Already on GitHub? Sign in to your account

SigningConfig proto to have start dates? #474

Open
loosebazooka opened this issue Jan 14, 2025 · 18 comments · May be fixed by #539
Open

SigningConfig proto to have start dates? #474

loosebazooka opened this issue Jan 14, 2025 · 18 comments · May be fixed by #539

Comments

@loosebazooka
Copy link
Member

When rotating keys for rekor (while doing v2 sharding), currently we would require two signing events for root signing

  1. add new key to TrustedRoot for new current rekor
  2. rotate signers to the new rekor in SingingConfig

Root signing is a somewhat expensive process but we don't want the ecosystem to end up in a situation where verifiers slightly behind on time can't verify new signatures.

I think this can be solved by making SigningConfig more flexible to key rotations. Potentially by adding startTimes or some sort of time for when signers should start using it. Signers could go down the list of providers and pick the first one that is valid.

fyi: @jku

@haydentherapper
Copy link
Collaborator

we don't want the ecosystem to end up in a situation where verifiers slightly behind on time can't verify new signatures.

As long as the sharding does not take place until a complete expiration period of the TUF metadata has passed, this shouldn't happen. For PGI, that would mean a) add the new key to TrustedRoot and do a target signing, b) wait a week, c) start the sharding.

With that said, I do like the idea of simplifying sharding to require only one root signing event. I could see us having the same validity windows between the key material in the TrustedRoot and SigningConfig.

Do you think including validity windows at signing time overly complicates signing? How do we handle overlapping windows? How do we handle overlapping windows and private logs concurrently?
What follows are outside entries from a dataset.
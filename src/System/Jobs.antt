-- ===== src/System/Jobs.antt =====
-- The repository of jobs keeps the tables sound.
use loglens_api.Base.{
  ◌≡◌, sym, ap, true, false, not, ◌&&◌, Option, none, some, List, [], ◌∷◌, arith, inl, inr, ◌∙◌,
  Bool-cases, if◌then◌else◌, All,
}
use loglens_api.Text.{Text, text_eq}
use loglens_api.Table.{find_first, update_where}
use loglens_api.Table.Laws.{find_first-none→All}
use loglens_api.Table.Unique.{length-select_where-update_where-le, only_row}
use loglens_api.Models.{BackgroundJob, Instant}
use loglens_api.Models.Enums.{job_type_eq, job_type_eq→eq}
use loglens_api.Effect.{QueuedTask}
use loglens_api.Repositories.Jobs.{same_text, has_job_id, is_active_in_scope, is_rival, running_job}
use loglens_api.Jobs.Create.{ScopesAreExclusive}
use loglens_api.System.Sound.{JobsAreSound}
use loglens_api.System.JobRows.{same_text→eq}

-- What a running job is updated by.
abbrev pub runs : Instant → Option Text → Instant → BackgroundJob → BackgroundJob
runs at task now j = record (running_job at task j) { updated_at = now }

module _ (queue : List QueuedTask) (js : List BackgroundJob) (h : JobsAreSound queue js)
    (job : BackgroundJob) (found : find_first (has_job_id job.id) js ≡ some job)
    (free : find_first (is_rival job) js ≡ none) (at : Instant) (task : Option Text)
    (now : Instant) where
  -- A job without a rival is the only active one of its scope while it runs.
  pub running-ScopesAreExclusive :
      ScopesAreExclusive (update_where (has_job_id job.id) (runs at task now) js)
  running-ScopesAreExclusive t s =
      elim (Bool-cases (job_type_eq job.job_type t && same_text job.scope_key (some s))) [
        | inl own ↦ omega (
          arith,
          h.ids job.id,
          length-select_where-update_where-le (is_active_in_scope t (some s)) (has_job_id job.id)
              (has_job_id job.id) (runs at task now) js
              (only_it own js (find_first-none→All (is_rival job) js free)),
        )
        | inr other ↦ omega (
          arith,
          h.scopes t s,
          length-select_where-update_where-le (is_active_in_scope t (some s))
              (is_active_in_scope t (some s)) (has_job_id job.id) (runs at task now) js
              (not_it other js (only_row (has_job_id job.id) js found (h.ids job.id))),
        )
      ]
    where
      only_it :
          job_type_eq job.job_type t && same_text job.scope_key (some s) ≡ true
          → (xs : List BackgroundJob) → All (λ x. is_rival job x ≡ false) xs
          → All
              (λ x.
                is_active_in_scope t
                    (some s)
                    (if has_job_id job.id x then runs at task now x else x)
                  ≡ true
                → has_job_id job.id x ≡ true)
              xs
      only_it own [] rivals = tt
      only_it own (x ∷ xs) rivals =
          let type_is : job.job_type ≡ t = job_type_eq→eq job.job_type t (ground arith) in
          let scope_is : job.scope_key ≡ some s = same_text→eq job.scope_key s (ground arith) in
          let apart : is_rival job x ≡ false = rivals.0 in
          let apart' : is_active_in_scope t (some s) x && not (text_eq x.id job.id) ≡ false =
            rw (← type_is, ← scope_is) apart in
          (
            λ e. elim (Bool-cases (has_job_id job.id x)) [
              | inl same_id ↦ same_id
              | inr differs ↦ absurd (ground arith)
            ],
            only_it own xs rivals.1,
          )

      not_it :
          job_type_eq job.job_type t && same_text job.scope_key (some s) ≡ false
          → (xs : List BackgroundJob) → All (λ x. has_job_id job.id x ≡ true → x ≡ job) xs
          → All
              (λ x.
                is_active_in_scope t
                    (some s)
                    (if has_job_id job.id x then runs at task now x else x)
                  ≡ true
                → is_active_in_scope t (some s) x ≡ true)
              xs
      not_it other [] same = tt
      not_it other (x ∷ xs) same = (
        λ e. elim (Bool-cases (has_job_id job.id x)) [
          | inl it ↦
              let is_it : x ≡ job = same.0 it in
              let kept : is_active_in_scope t (some s) (runs at task now x) ≡ true = ground arith in
              let kept' : is_active_in_scope t (some s) (runs at task now job) ≡ true =
                ap (λ y. is_active_in_scope t (some s) (runs at task now y)) (sym is_it) ∙ kept in
              absurd (ground arith)
          | inr differs ↦ ground arith
        ],
        not_it other xs same.1,
      )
To give a specific example:

  • rekorv1.sigstore.dev - valid from X to Y
  • rekorv2.sigstore.dev - valid starting at Y-1 month (e.g. rolling out rekorv2 one month before rekorv1 expires)
  • internal.log - valid from X

At time Y-1 month, when we roll out rekorv2, I would want a client publishing to rekorv2 and also internal.log, but not rekorv1.

@jku
Copy link
Member

jku commented Jan 15, 2025

I think this can be solved by making SigningConfig more flexible to key rotations.

technically TrustedRoot + SigningConfig might already have the required data for this, and the only thing strictly needed is the rules for how clients should operate:

  • TrustedRoot tlogs have a baseUrl and publicKey.validFor
  • SigningConfig tlogs have baseUrl
  • We could tell signing clients to use all tlogs listed in SigningConfig but only if the log has a currently valid key in TrustedRoot (with maybe a little buffer time in there)

This btw is a good example of how keeping SigningConfig and TrustedRoot separate is not as great as it sounded in theory...

@kommendorkapten
Copy link
Member

Thanks for calling this out.

I could see us having the same validity windows between the key material in the TrustedRoot and SigningConfig.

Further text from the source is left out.